Photo: Ron Chapple Studios
In the nineties, James V. O'Connor became fed up with the amount of swearing that he heard—in the media, in public places, in the office, and even from his own mouth. In response to what he considered to be a general decline in cultural civility, the public relations veteran decided to write a self-help book, Cuss Control: The Complete Book on How to Curb Your Cursing, to help himself and others adopt alternative forms of verbal expression. While writing Cuss Control, O’Connor also created the Cuss Control Academy and soon began receiving invitations to speak to employees at various businesses about the effects that foul language can have in the office.
Is profanity at work really such a bad thing?

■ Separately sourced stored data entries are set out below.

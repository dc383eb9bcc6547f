-- ===== src/Node/Retention/Kept.antt =====
-- What `computeRetentionKeepIds` (js/node/retention_policy.mjs) keeps.
use fount_p2p.Base.{
  ℕ, zero, suc, ◌≤◌, ◌≡◌, refl, Option, none, some, List, [], ◌∷◌, ◌++◌, true, false, arith, ◌==◌,
  if◌then◌else◌, ◌||◌, not, length, inl, inr, Bool-cases, sym, ◌∙◌, subst,
}
use mathlib.Core.List.{reverse}
use fount_p2p.Base.JsMap.{get}
use fount_p2p.Core.HexIds.{
  Text, text_dec, contains, IsIn, contains-IsIn, IsIn-contains, IsIn-append, IsIn-append_left,
}
use fount_p2p.Core.HexIds.Order.{IsIn-keep_if, IsIn-dedupe, dedupe-IsIn}
use fount_p2p.Governance.Branch.{Event, Graph, parents, edge_count, close}
use fount_p2p.Governance.Branch.Closure.{
  NonEmpty, IsBounded, IsClosure, IsFrontier, weight, close_skip, close_visit, close-sound,
  close-IsClosure, IsIn-reverse, reverse-IsIn, length-reverse,
}
use fount_p2p.Node.Retention.{parents_on, keep_from, keep_fuel, or_all}

module _ (branch : List Text) (g : Graph) (checkpoint : List Text) where
  abbrev on_branch : Text → List Text
  on_branch id = parents_on branch (get text_dec id g)

  -- The walk does not go on from what the checkpoint has kept.
  abbrev next_ids : Text → List Text
  next_ids id = if contains id checkpoint then [] else on_branch id

  parents_on-IsIn : (o : Option Event) (p : Text) → IsIn p (parents_on branch o) → IsIn p branch
  parents_on-IsIn none p h = absurd h
  parents_on-IsIn (some e) p h =
      contains-IsIn p branch (IsIn-keep_if p (λ q. contains q branch) (parents e) h).1

  abbrev IsInside : List Text → List Text → Type 0
  IsInside stack keep =
      ((x : Text) → IsIn x stack → contains x branch ≡ true)
      × ((x : Text) → contains x checkpoint ≡ true → contains x keep ≡ true)

  keep_skip :
      (fuel : ℕ) (id : Text) (stack keep : List Text)
      → (length id == 0 || not (contains id branch) || contains id keep) ≡ true
      → keep_from branch g (suc fuel) (id ∷ stack) keep ≡ keep_from branch g fuel stack keep
  unfolding keep_from
  keep_skip fuel id stack keep h = ground arith

  keep_visit :
      (fuel : ℕ) (id : Text) (stack keep : List Text)
      → (length id == 0 || not (contains id branch) || contains id keep) ≡ false
      → keep_from branch g (suc fuel) (id ∷ stack) keep
        ≡ keep_from branch g fuel (reverse (on_branch id) ++ stack) (keep ++ id ∷ [])
  unfolding keep_from
  keep_visit fuel id stack keep h = ground arith

  contains-append_left :
      (x : Text) (xs ys : List Text) → contains x xs ≡ true → contains x (xs ++ ys) ≡ true
  contains-append_left x xs ys h =
      IsIn-contains x (xs ++ ys) (IsIn-append_left x xs ys (contains-IsIn x xs h))

  visited :
      (id : Text) (stack keep : List Text)
      → IsInside (id ∷ stack) keep
      → IsInside (reverse (on_branch id) ++ stack) (keep ++ id ∷ [])
  visited id stack keep inside = (
    λ x h. elim (IsIn-append x (reverse (on_branch id)) stack h) [
      | inl k ↦
          IsIn-contains x branch
            (parents_on-IsIn (get text_dec id g) x (IsIn-reverse x (on_branch id) k))
      | inr k ↦ inside.0 x (inr k)
    ],
    λ x h. contains-append_left x keep (id ∷ []) (inside.1 x h),
  )

  keep_from_lem :
      (fuel : ℕ) (stack keep : List Text)
      → IsInside stack keep
      → keep_from branch g fuel stack keep ≡ close next_ids fuel stack keep
  unfolding keep_from close
  keep_from_lem zero stack keep inside = refl
  keep_from_lem (suc fuel) [] keep inside = refl
  keep_from_lem (suc fuel) (id ∷ stack) keep inside =
      let here : contains id branch ≡ true = inside.0 id (inl refl) in
      elim (Bool-cases (length id == 0 || contains id keep)) [
        | inl skip ↦
            keep_skip fuel id stack keep (ground arith)
            ∙ keep_from_lem fuel stack keep (λ x h. inside.0 x (inr h), inside.1)
            ∙ sym (close_skip next_ids fuel id stack keep skip)
        | inr visit ↦
            let same : next_ids id ≡ on_branch id =
              let not_checkpoint : contains id checkpoint ≡ false = ground (arith, inside.1 id) in
              rw not_checkpoint refl in
            keep_visit fuel id stack keep (ground arith)
            ∙ keep_from_lem fuel (reverse (on_branch id) ++ stack) (keep ++ id ∷ [])
                (visited id stack keep inside)
            ∙ sym (
                subst
                  (λ ids.
                    close next_ids (suc fuel) (id ∷ stack) keep
                    ≡ close next_ids fuel (reverse ids ++ stack) (keep ++ id ∷ []))
                  same (close_visit next_ids fuel id stack keep visit))
      ]

  weight-le : (out : List Text) (h : Graph) → weight next_ids out h ≤ edge_count on_branch h
  unfolding edge_count
  weight-le out [] = omega arith
  weight-le out ((id, e) ∷ h) = ground (arith, weight-le out h, Bool-cases (contains id checkpoint))

  next_ids-IsBounded : IsBounded next_ids g
  next_ids-IsBounded x h = elim (Bool-cases (contains x checkpoint)) [
    | inl old ↦ rw old refl
    | inr new ↦ rw (new, h) refl
  ]

  start-IsFrontier : (stack : List Text) → IsFrontier next_ids stack checkpoint
  start-IsFrontier stack x u h k n =
      let none_next : next_ids x ≡ [] = rw (IsIn-contains x checkpoint h) refl in
      absurd (subst (IsIn u) none_next k)

  abbrev pub walk : List Text → List Text
  walk seeds = keep_from branch g (keep_fuel branch g seeds) (reverse seeds) checkpoint

  walk_lem :
      (seeds : List Text)
      → ((x : Text) → IsIn x seeds → IsIn x branch)
      → walk seeds ≡ close next_ids (keep_fuel branch g seeds) (reverse seeds) checkpoint
  walk_lem seeds inside =
      keep_from_lem (keep_fuel branch g seeds) (reverse seeds) checkpoint
        (λ x h. IsIn-contains x branch (inside x (IsIn-reverse x seeds h)), λ x h. h)

  walk-IsClosure :
      (seeds : List Text)
      → ((x : Text) → IsIn x seeds → IsIn x branch)
      → IsClosure next_ids (reverse seeds) checkpoint (walk seeds)
  walk-IsClosure seeds inside = rw (walk_lem seeds inside) (
      close-IsClosure next_ids g (keep_fuel branch g seeds) (reverse seeds) checkpoint
        next_ids-IsBounded (omega (arith, length-reverse seeds, weight-le checkpoint g))
        (start-IsFrontier (reverse seeds)))

  next_ids-inside : (x u : Text) → IsIn u (next_ids x) → IsIn u branch
  next_ids-inside x u h = elim (Bool-cases (contains x checkpoint)) [
    | inl old ↦ absurd (subst (IsIn u) {y = []} (rw old refl) h)
    | inr new ↦
        parents_on-IsIn (get text_dec x g) u (subst (IsIn u) {y = on_branch x} (rw new refl) h)
  ]

  fresh_ids : (x : Text) → contains x checkpoint ≡ false → on_branch x ≡ next_ids x
  fresh_ids x fresh = rw fresh refl

  -- What is kept: ids of the branch, the seeds and the checkpoint's ids among them, and with each id
  -- that is not the checkpoint's also its parents on the branch.
  pub record IsKept (seeds keep : List Text) : Type 0 where
    pub inside : (x : Text) → IsIn x keep → IsIn x branch
    pub seeded : (x : Text) → IsIn x seeds → NonEmpty x → IsIn x keep
    pub checkpointed : (x : Text) → IsIn x checkpoint → IsIn x keep
    pub closed :
        (x p : Text)
        → IsIn x keep
        → contains x checkpoint ≡ false
        → IsIn p (on_branch x)
        → NonEmpty p
        → IsIn p keep

  pub walk-IsKept :
      (seeds : List Text)
      → ((x : Text) → IsIn x seeds → IsIn x branch)
      → ((x : Text) → IsIn x checkpoint → IsIn x branch)
      → IsKept seeds (walk seeds)
  walk-IsKept seeds inside known =
      let c = walk-IsClosure seeds inside in
      record {
        inside = λ x h.
            close-sound next_ids (λ y. IsIn y branch) (keep_fuel branch g seeds) (reverse seeds)
              checkpoint (λ y u k m n. next_ids-inside y u m)
              (λ y k n. inside y (IsIn-reverse y seeds k)) known x
              (subst (IsIn x) (walk_lem seeds inside) h);
        seeded = λ x h n. c.takes x (reverse-IsIn x seeds h) n;
        checkpointed = c.keeps;
        closed = λ x p h fresh k n. c.closed x p h (subst (IsIn p) (fresh_ids x fresh) k) n;
      }

  -- A fall back on the whole branch keeps as much.
  pub or_all-IsKept :
      (seeds keep : List Text)
      → IsKept seeds keep
      → ((x : Text) → IsIn x seeds → IsIn x branch)
      → ((x : Text) → IsIn x checkpoint → IsIn x branch)
      → IsKept seeds (or_all branch keep)
  or_all-IsKept seeds (x ∷ keep) k inside known = k
  or_all-IsKept seeds [] k inside known = record {
    inside = λ x h. (IsIn-dedupe x [] branch h).0;
    seeded = λ x h n. dedupe-IsIn x [] branch (inside x h) (λ e. e);
    checkpointed = λ x h. dedupe-IsIn x [] branch (known x h) (λ e. e);
    closed = λ x p h fresh m n.
        dedupe-IsIn p [] branch (parents_on-IsIn (get text_dec x g) p m) (λ e. e);
  }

“The real problem in the workplace is that swearing in general typically is negative: It’s complaining, criticizing, blaming people, name calling, being hostile and belligerent as opposed to cooperating and trying to solve the problems that occur everyday that make people want to swear,” said O’Connor. “In the good old days, you did the mature and professional thing when you had conflicts with somebody or there was a challenge you were facing. You may have been angry and upset, but you just dealt with it. Now people feel free to let it fly.”
But, sometimes, I asked him, don’t you just have to say “F-it” and get something off of your chest?
The answer is yes—sometimes. But the problem, according to O’Connor, is that people don’t just use bad language some of the time. It has become a ubiquitous way of communicating frustration and because we use profanity so often, it doesn’t pack quite the punch we intend when we say these words. Take the S-word for example. O’Connor points out during his seminars that because we use it so much, it can be applied to all of the five senses (i.e., “I feel like s***,” “You look like s***,” “This tastes like s***,” etc.).
“There are a lot of situations where the word is used out of lazy language because we can’t think of the right word,” he said. “S*** will always do and it’s also abrasive and negative.”
Equally overused is the F-word because we can utilize it as a noun, verb, or adjective. Although more abrasive than the S-word, it does not really express anything—nor does it emphasize our point when we use it too often.
“If you are the boss and you get upset and use the F-word, people are going to jump,” O’Connor said. “If you use that word all the time, it’s like ‘there he goes again’ and it loses its impact.”